I expect the Fed’s accommodative policy, and the low interest rates it has helped to engender, is popular with many in this room. Following last week’s FOMC meeting, our statement again concluded by saying, “the Committee believes it can be patient in removing its policy accommodation.” Yet as rates remain low and I think about the future path of policy, I remind myself it is also important to watch for unintended consequences of keeping monetary policy too accommodative for too long. Indeed, some of my contacts in various industries have stressed to me that at some point it will be appropriate, and helpful, to allow interest rates to return to more normal levels so that markets can sort themselves out in an orderly way and return to balance.

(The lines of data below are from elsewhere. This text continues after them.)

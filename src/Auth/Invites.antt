-- ===== src/Auth/Invites.antt =====
-- internal/auth/registration.go: issuing, listing and revoking invites.
use securevault.Auth.Codes.{encode_base32}
use securevault.Files.Node.{event}
use securevault.Audit.{result_ok, record_event}
use securevault.Auth.User.{User, is_admin}
use securevault.Storage.Crypto.{random_bytes}
use securevault.Database.Table.{update, find}
use securevault.Text.{trim_space}
use securevault.Files.Listing.{sort_by}
use securevault.Auth.Sessions.{hash_token, minute}
use securevault.Database.Schema.{named, InviteRow, Db}
use securevault.Base.{
  ltb, leb, if◌then◌else◌, is_some, ◌==◌, nat_eq, string_eq, Bytes, bytes_eq, length, take, ℤ,
  unique_violation, broken, invite_not_found, invite_policy, admin_required, pg, ok, err, pos,
  negsuc, ℕ, ◌+◌, ◌*◌, String, Bool, not, ◌&&◌, ◌||◌, Option, none, some, List, [], ◌∷◌,
}
use securevault.Platform.{Platform}
use securevault.Effect.{
  pure, gets, run, or_raise, clock, query, raise_if, raise, M, Statement, ◌>>=◌, ◌>>◌,
}

abbrev pub invite_code_bytes : ℕ
invite_code_bytes = 16

abbrev pub hour : ℕ
hour = 60 * minute

abbrev pub invite_default_ttl : ℕ
invite_default_ttl = 168 * hour

abbrev pub invite_min_ttl : ℕ
invite_min_ttl = minute

abbrev pub invite_max_ttl : ℕ
invite_max_ttl = 720 * hour

abbrev pub invite_note_max_len : ℕ
invite_note_max_len = 64

abbrev pub invite_list_max_rows : ℕ
invite_list_max_rows = 200

pub record Invite : Type 0 where
  pub id : String
  pub note : Bytes
  pub created_by : String
  pub created_at : ℕ
  pub expires_at : ℕ
  pub used_by : String
  pub used_at : Option ℕ
  pub revoked_at : Option ℕ

-- `Status`, at the time of the call.
unfoldable pub invite_status : ℕ → Invite → String
invite_status now i =
    if is_some i.used_at
    then "used"
    else if is_some i.revoked_at
    then "revoked"
    else if ltb i.expires_at now
    then "expired"
    else "active"

-- The lifetime that is issued: 0 stands for the default, and one out of range is refused.
unfoldable pub invite_ttl : ℤ → Option ℕ
invite_ttl (negsuc n) = none
invite_ttl (pos n) =
    if n == 0
    then some invite_default_ttl
    else if ltb n invite_min_ttl || ltb invite_max_ttl n
    then none
    else some n

-- INSERT INTO invites …
unfoldable pub insert_invite : InviteRow → Statement (Unit {0})
insert_invite i d =
    if is_some (find (λ r. r.id) i.id d.invites)
      || is_some (find (λ r. r.code_hash) i.code_hash d.invites)
    then err (pg unique_violation)
    else if is_some (find (λ u. u.id) i.created_by d.users)
    then ok (tt, record d { invites = i ∷ d.invites })
    else err (pg broken)

-- COALESCE(u.username, '') of the LEFT JOIN on used_by.
abbrev pub redeemer : Db → Option String → String
redeemer d none = ""
redeemer d (some id) = elim (find (λ u. u.id) id d.users) [ none ↦ "" | some u ↦ u.username ]

unfoldable pub scan_invites : Db → List InviteRow → List Invite
scan_invites d [] = []
scan_invites d (i ∷ is) = elim (find (λ u. u.id) i.created_by d.users) [
  | none ↦ scan_invites d is
  | some c ↦
      record {
        id = i.id;
        note = i.note;
        created_by = c.username;
        created_at = i.created_at;
        expires_at = i.expires_at;
        used_by = redeemer d i.used_by;
        used_at = i.used_at;
        revoked_at = i.revoked_at;
      }
      ∷ scan_invites d is
]

-- SELECT … FROM invites … ORDER BY i.created_at DESC LIMIT $1
unfoldable pub select_invites : Db → List Invite
unfolding scan_invites sort_by
select_invites d =
    take invite_list_max_rows
      (sort_by (λ a b. leb b.created_at a.created_at) (scan_invites d d.invites))

abbrev pub is_open : InviteRow → Bool
is_open i = not (is_some i.used_at) && not (is_some i.revoked_at)

-- UPDATE invites SET revoked_at = now() WHERE id = $1 AND …: the number of rows changed.
unfoldable pub close_invite : String → ℕ → Statement ℕ
close_invite id now d = elim (find (λ r. r.id) id d.invites) [
  | none ↦ ok (0, d)
  | some i ↦
      if is_open i
      then ok (
        1,
        record d {
          invites = update (λ r. r.id) id (λ r. record r { revoked_at = some now }) d.invites;
        },
      )
      else ok (0, d)
]

module _ (p : Platform) where
  unfoldable pub create_invite : Option User → Bytes → ℤ → M (Bytes × Invite)
  unfolding is_admin random_bytes encode_base32 trim_space
  create_invite none note ttl = raise admin_required
  create_invite (some admin) note ttl = do
    raise_if (not (is_admin admin)) admin_required
    let trimmed = trim_space note
    lifetime ← or_raise (invite_ttl ttl) invite_policy
    raise_if (ltb invite_note_max_len (length trimmed)) invite_policy
    raw ← random_bytes p invite_code_bytes
    let code = encode_base32 raw
    now ← clock p
    id ← gets (λ w. p.uuid w.step)
    run p (
        insert_invite (record {
          id = id;
          code_hash = hash_token p code;
          note = trimmed;
          created_by = admin.id;
          created_at = now;
          expires_at = now + lifetime;
          used_by = none;
          used_at = none;
          revoked_at = none;
        }))
    record_event p (event admin "invite.create" (named id) result_ok "")
    pure (
      code,
      record {
        id = id;
        note = trimmed;
        created_by = admin.username;
        created_at = now;
        expires_at = now + lifetime;
        used_by = "";
        used_at = none;
        revoked_at = none;
      },
    )

  unfoldable pub list_invites : Option User → M (List Invite)
  unfolding is_admin select_invites
  list_invites none = raise admin_required
  list_invites (some admin) = do
    raise_if (not (is_admin admin)) admin_required
    query p select_invites

  unfoldable pub revoke_invite : Option User → String → M (Unit {0})
  unfolding is_admin
  revoke_invite none id = raise admin_required
  revoke_invite (some admin) id = do
    raise_if (not (is_admin admin)) admin_required
    now ← clock p
    rows ← run p (close_invite id now)
    raise_if (rows == 0) invite_not_found
    record_event p (event admin "invite.revoke" (named id) result_ok "")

Given disappointing employment growth, slack resource use and muted increases in core consumer prices, the Fed has good reason to maintain its accommodative policy, at least for now. But if my forecast for more robust economic growth materializes, then, at some point, a fed funds rate of 1 percent will no longer be the best policy.
[Robust economic growth required for a rate hike - Anyone here think that is about to happen? with jobs? - mish]
It is indeed a luxury to have an inflation environment in which policymakers can be patient in ensuring the economy has gained a solid footing. That said, luxury comes with a price tag, and patience is not unlimited. The old truism that “there’s no such thing as a free lunch” applies today, as always.
The same advice I offered earlier to the students here — to stay flexible and forward looking — I think applies to all of us, as individuals, business leaders and policymakers. While we should keep one eye on today’s issues and challenges, we should also look ahead for the path that leads to the best outcome over the longer term. ============================================================ All in all this is a bit more hawkish that I expected from earlier 1 line snips that I saw. However it is all based on two presumptions that I do not buy
1) A ROBUST economy 2) Creation of Jobs
Given that I expect very WEAK growth AT BEST, and more than likely a recession in 2005, the prospects of hikes seem minimal.
Treasuries gave up their early gains and remain flat on this news. With portions of durable goods falling unexpectedly lower, it is hard to see why anyone would think a "robust" recovery is coming.